M. M. Pérez*1, G. Rubambiza2, B. Barker3, H. Weatherspoon2, J. O. Giordano1. 1Department of Animal Science, Cornell University Ithaca, NY, 2Department of Computer Science, Cornell University Ithaca, NY, 3Cornell Center for Advanced Computing, Cornell University Ithaca, NY.

Our goal was to build a software infrastructure to integrate data from multiple heterogeneous cow wearable and non-wearable sensors, herd management software, and climate sensors for subsequent data analytics. To address variation in exposed interfaces and data update frequencies to our aggregator, a Python client was prototyped to periodically check for unprocessed files stored on a farm PC. The unprocessed files are forwarded to a cloud-based aggregator. Files are structured to be processed into Google's Protocol Buffer (protobuf) objects. Protobufs allow for minimalistic encoding/decoding of data limiting the size of probable sparse messages such as cow health status and sensor data.
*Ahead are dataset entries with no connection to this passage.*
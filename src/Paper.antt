-- ===== src/Paper.antt =====
-- packages/paper_trading: market orders filled on paper, with their accounts.
pub mod Tables
pub mod Broker
pub mod Columns
pub mod Valuation
pub mod Runs
mod Tests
Protobufs read and modularize the structures of Excel (XLSX and CSV) files into a singular structure used by the aggregator. In preliminary experiments using protobufs, our client achieved nearly an order of magnitude reduction in the size of data transferred to the aggregator (e.g., 14KB xlsx file to 1500 byte protobuf message). To streamline communication between the data aggregator and analytics services for prediction with improved modularity and reduced data sparsity, incoming data is stored into a NoSQL Cassandra database with a distinct table for each data source. This framework allows querying data using a cow number and timestamp. To transfer data to an analytics pipeline, RESTful queries are implemented to the data aggregator, which serves up CSV files generated from the database. Thus far, the data aggregator receives and integrates data from the herd management software, in-line milk sensors (yield and components), walk-in scale, a physical activity and resting behavior leg-mounted sensor, a rumination and eating behavior neck-mounted sensor, a reticulo-rumen temperature sensor, and climate conditions sensors in and outside barns. In summary, we built a software system that automatically integrates in real-time heterogeneous data from diverse sources at a dairy farm. Aggregated data is transferred to data analytic tools for prediction of cow and herd status and performance.

Keywords: data integration, sensor, prediction.